Warum blieben diese Netzwerke bis jetzt unentdeckt? Es dürfen Zweifel aufkommen, ob die Nachforschungen der CSSF nach den „Panama Papers“ weit genug gingen. Wie die CSSF auf Nachfrage von Reporter.lu mitteilt, hat die Aufsichtsbehörde aber überhaupt keinen gesetzlich definierten Auftrag, Transaktionen etwa zwischen Offshore-Gesellschaften, die über Luxemburg laufen, zu überprüfen. Der legale Rahmen gestatte nur eine Überwachung, die auf einer Einschätzung des Geldwäscherisikos basiere, heißt es. „Im Rahmen der risikobasierten Analyse müssen die Angestellten jedes Jahr einen Fragebogen zur Anti-Geldwäsche ausfüllen und der CSSF verschiedene Informationen zu ihren Kunden und Produkten liefern“, so die Stellungnahme der CSSF.

Nach der „Panama Papers“ -Analyse habe die CSSF aber weitere Überprüfungen angestoßen, die auf Medienberichten basieren, etwa nach den „FinCen-Files“ oder dem „OpenLux“-Projekt. Zudem habe sie „in den letzten Jahren zum Beispiel die Banken für die Thematik sensibilisiert und ihre Erwartungen betreffend eines ‚bad press Screenings‘ kommuniziert“. Das bedeutet: Luxemburgs Finanzaufsicht erwartet von den Banken, proaktiv auf negative Presseartikel zu reagieren und entsprechende Maßnahmen selbst zu ergreifen.
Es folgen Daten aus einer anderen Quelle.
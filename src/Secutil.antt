-- ===== src/Secutil.antt =====
-- secutil.c: how a process gives its privileges up. The system is a parameter; the calls that a
-- process has made are a list, the newest first, and a call that fails ends the process, but for
-- those that change the directory.
pub mod Standing
pub mod Order
mod Tests
use dragonsunited_minecraft.Base.{
  ℕ, Bool, true, false, not, ◌&&◌, List, [], ◌∷◌, Option, none, some, ◌==◌, if◌then◌else◌, Bytes,
}
use dragonsunited_minecraft.Run.{Run, ok, stop, die, ◌>>=◌, ◌>>◌, bug_if, die_if}
use dragonsunited_minecraft.Str.Text.{str_isempty}

-- `options`, bit by bit.
pub record Options : Type 0 where
  pub chroot : Bool
  pub use_groups : Bool
  pub change_euid : Bool
  pub no_fds : Bool
  pub no_procs : Bool

pub data Step : Type 0 where
  initgroups clear_supp_groups : Step
  -- to the user's identity and back
  setegid seteuid seteuid_numeric setegid_numeric : Step
  chdir : Bytes → Step
  chroot : Step
  set_no_fds set_no_procs : Step
  adopt_capabilities : ℕ → Step
  keep_capabilities : Step
  setgid setuid : Step

pub record System : Type 0 where
  pub running_as_root : Bool
  -- the home directory of a user
  pub getpwnam : Bytes → Option Bytes
  pub succeeds : List Step → Step → Bool
  pub has_capabilities : Bool
  pub has_capabilities_as_non_root : Bool
  -- "/" can be written
  pub write_access : List Step → Bool

abbrev pub is_given : Option Bytes → Bool
is_given none = false
is_given (some d) = not (str_isempty d)

abbrev pub or_home : Option Bytes → Bytes → Bytes
or_home none home = home
or_home (some d) home = if str_isempty d then home else d

module _ (y : System) where
  abbrev pub perform : Step → List Step → Run (List Step)
  perform c cs = if y.succeeds cs c then ok (c ∷ cs) else stop die

  abbrev pub perform_if : Bool → Step → List Step → Run (List Step)
  perform_if b c cs = if b then perform c cs else ok cs

  unfoldable pub lower : Bool → List Step → Run (List Step)
  lower change_euid cs = do
    cs' ← perform_if change_euid setegid cs
    perform_if change_euid seteuid cs'

  unfoldable pub raise : Bool → List Step → Run (List Step)
  raise change_euid cs = do
    cs' ← perform_if change_euid seteuid_numeric cs
    perform_if change_euid setegid_numeric cs'

  -- A directory that cannot be entered besides does not matter outside a jail.
  unfoldable pub enter_extra : Bool → Option Bytes → List Step → Run (List Step)
  enter_extra jail none cs = ok cs
  enter_extra jail (some d) cs =
      if str_isempty d
      then ok cs
      else (do die_if (not (y.succeeds cs (chdir d)) && jail); ok (chdir d ∷ cs))

  -- The place of the process, and its jail.
  unfoldable pub enter : Options → Bytes → Option Bytes → List Step → Run (List Step)
  unfolding lower raise enter_extra
  enter options dir ext_dir cs = do
    cs1 ← perform (if options.use_groups then initgroups else clear_supp_groups) cs
    cs2 ← lower options.change_euid cs1
    cs3 ← perform (chdir dir) cs2
    cs4 ← enter_extra options.chroot ext_dir cs3
    cs5 ← raise options.change_euid cs4
    perform_if options.chroot chroot cs5

  -- The identity of the user for good, with capabilities if there are any.
  unfoldable pub become : Bool → ℕ → Options → List Step → Run (List Step)
  become wants caps options cs = do
    cs1 ← perform_if wants keep_capabilities cs
    cs2 ← perform setgid cs1
    cs3 ← perform setuid cs2
    cs4 ← perform_if wants (adopt_capabilities caps) cs3
    cs5 ← perform_if options.no_procs set_no_procs cs4
    die_if (options.chroot && y.write_access cs5)
    ok cs5

  unfoldable pub give_up : ℕ → Options → List Step → Run (List Step)
  unfolding become
  give_up caps options cs0 = do
    cs ← perform_if options.no_fds set_no_fds cs0
    let wants = not (caps == 0)
    if wants && not y.has_capabilities
        then ok cs
        else if wants && not y.has_capabilities_as_non_root
        then perform (adopt_capabilities caps) cs
        else become wants caps options cs

  unfoldable pub credentials :
      Option Bytes → Option Bytes → Option Bytes → ℕ → Options → Run (List Step)
  unfolding enter give_up
  credentials none dir ext_dir caps options = stop die
  credentials (some home) dir ext_dir caps options = do
    cs ← enter options (or_home dir home) ext_dir []
    give_up caps options cs

  unfoldable pub vsf_secutil_change_credentials :
      Bytes → Option Bytes → Option Bytes → ℕ → Options → Run (List Step)
  unfolding credentials
  vsf_secutil_change_credentials user dir ext_dir caps options = do
    bug_if (not y.running_as_root)
    credentials (y.getpwnam user) dir ext_dir caps options
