-- ===== src/Secutil/Standing.antt =====
-- What a process has given up after its calls, and which calls are legal then.
use dragonsunited_minecraft.Base.{Bool, true, false, not, ◌&&◌, List, [], ◌∷◌, ◌≡◌, ap}
use dragonsunited_minecraft.Secutil.{
  Step, initgroups, clear_supp_groups, setegid, seteuid, seteuid_numeric, setegid_numeric, chroot,
  setgid, setuid,
}

-- What a process has given up: its groups, its effective identity for the time being, the way out
-- of its jail, and its group and user for good.
pub record Standing : Type 0 where
  pub groups : Bool
  pub lowered : Bool
  pub jailed : Bool
  pub group_set : Bool
  pub user_set : Bool

abbrev pub at_start : Standing
at_start = record {
  groups = false;
  lowered = false;
  jailed = false;
  group_set = false;
  user_set = false;
}

unfoldable pub after : Step → Standing → Standing
after initgroups s = record s { groups = true }
after clear_supp_groups s = record s { groups = true }
after seteuid s = record s { lowered = true }
after seteuid_numeric s = record s { lowered = false }
after chroot s = record s { jailed = true }
after setgid s = record s { group_set = true }
after setuid s = record s { user_set = true }
after _ s = s

unfoldable pub standing : List Step → Standing
unfolding after
standing [] = at_start
standing (c ∷ cs) = after c (standing cs)

abbrev is_root : Standing → Bool
is_root s = not s.lowered && not s.user_set

-- The groups need their file, which is outside the jail, and root; so do the changes of an
-- identity and the jail. The user is given up last, after the groups.
unfoldable pub legal : Step → Standing → Bool
legal initgroups s = is_root s && not s.jailed
legal clear_supp_groups s = is_root s
legal setegid s = is_root s
legal seteuid s = is_root s
legal seteuid_numeric s = s.lowered && not s.user_set
legal setegid_numeric s = is_root s
legal chroot s = is_root s && s.groups
legal setgid s = is_root s && s.groups
legal setuid s = is_root s && (s.groups && s.group_set)
legal _ s = true

abbrev pub AllLegal : List Step → Type 0
AllLegal [] = Unit
AllLegal (c ∷ cs) = (legal c (standing cs) ≡ true) × AllLegal cs

abbrev pub At : Standing → List Step → Type 0
At s cs = (standing cs ≡ s) × AllLegal cs

pub step-At :
    (c : Step) (s : Standing) (cs : List Step)
    → legal c s ≡ true
    → At s cs
    → At (after c s) (c ∷ cs)
unfolding standing
step-At c s cs h (e, all) = (ap (after c) e, (rw e h, all))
Als luxemburgische Kreditinstitution verbietet es uns das Gesetz, jegliche Information über unsere professionelle Aktivität an Dritte weiterzugeben.“East-West United Bank

Dennoch stellt sich die Frage, warum in Luxemburg niemand danach fragte, ob nicht auch hiesige Finanzinstitute in die russischen Netzwerke um den Präsidenten verwickelt waren. Auf Nachfrage von Reporter.lu heißt es von der East-West United Bank lediglich: „Als luxemburgische Kreditinstitution verbietet es uns das Gesetz, jegliche Information über unsere professionelle Aktivität an Dritte weiterzugeben. Gleichzeitig können wir Ihnen versichern, dass wir unsere Aktivitäten, heute wie früher, in voller Übereinstimmung mit den bestehenden Anti-Geldwäsche-Regulierungen vollzogen haben.“

Bei Mossack-Fonseca, der panamaischen Anwaltskanzlei, welche die Firmen und Transaktionen über Jahre betreute, kam es nach dem Erscheinen der „Panama Papers“ zu einem jähen Erwachen. So schrieb eine Angestellte der Kanzlei an die Schweizer Anwälte der russischen Offshore-Firmen: „Nach einer Risikoeinschätzung haben wir entschieden, unsere Mandate niederzulegen.“ Weil sie zur Abgabe der Mandate aber wissen müsse, wer hinter dem Geld steckt und wo es herkommt, bittet die Angestellte um finanzielle Offenlegung. Der Email-Austausch verläuft nach einigen Wochen ins Leere. Antworten hat Mossack-Fonseca keine bekommen.